Task statement
Only one stretch of the records below should be repeated. It starts with the line containing "-- A buffer in regular use." and goes on through the line containing "((get b).buffer.semaphore.max_available_count ≡", exactly as written.

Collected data

-- ===== src/RingBufferGuarded/Kept.antt =====
-- What `get` and `put` of a guarded ring leave as it is.
use reiser_rt_core.Prelude.{◌<◌, ◌≡◌, false, arith}
use reiser_rt_core.Prelude.Words.{max32}
use reiser_rt_core.RingBufferSimple.Steps.{num_elements-put, num_elements-get}
use reiser_rt_core.Semaphore.{take_with, take_turn, give_with, give_turn}
use reiser_rt_core.RingBufferGuarded.{RingBufferGuarded, ready, get, put}
use reiser_rt_core.RingBufferGuarded.Contents.{Fits}

-- A buffer in regular use.
pub record IsReady {A : Type 0} (b : RingBufferGuarded A) : Type 0 where
  pub in_state : b.state ≡ ready
  pub no_abort : b.semaphore.abort_flag ≡ false
  pub fits : Fits b
  pub range : b.semaphore.max_available_count < max32

module _ {A : Type 0} (b : RingBufferGuarded A) (h : IsReady b) where
  pub get-IsReady :
      IsReady (get b).buffer
      × ((get b).buffer.semaphore.max_available_count ≡ b.semaphore.max_available_count)
  unfolding get take_with take_turn
  get-IsReady =
      let r = h.in_state in
      let n = h.no_abort in
      let f = h.fits in
      let g = h.range in
      let k = num_elements-get b.ring in
      (
        record {
          in_state = ground arith;
          no_abort = ground arith;
          fits = ground arith;
          range = ground arith;
        },
        ground arith,
      )

  pub put-IsReady :
      (v : A)
      → IsReady (put b v).buffer
        × ((put b v).buffer.semaphore.max_available_count ≡ b.semaphore.max_available_count)
  unfolding put give_with give_turn
  put-IsReady v =
      let r = h.in_state in
      let n = h.no_abort in
      let f = h.fits in
      let g = h.range in
      let k = num_elements-put b.ring v in
      (
        record {
          in_state = ground arith;
          no_abort = ground arith;
          fits = ground arith;
          range = ground arith;
        },
        ground arith,
      )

Output of the exercise
-- A buffer in regular use.
pub record IsReady {A : Type 0} (b : RingBufferGuarded A) : Type 0 where
  pub in_state : b.state ≡ ready
  pub no_abort : b.semaphore.abort_flag ≡ false
  pub fits : Fits b
  pub range : b.semaphore.max_available_count < max32

module _ {A : Type 0} (b : RingBufferGuarded A) (h : IsReady b) where
  pub get-IsReady :
      IsReady (get b).buffer
      × ((get b).buffer.semaphore.max_available_count ≡ b.semaphore.max_available_count)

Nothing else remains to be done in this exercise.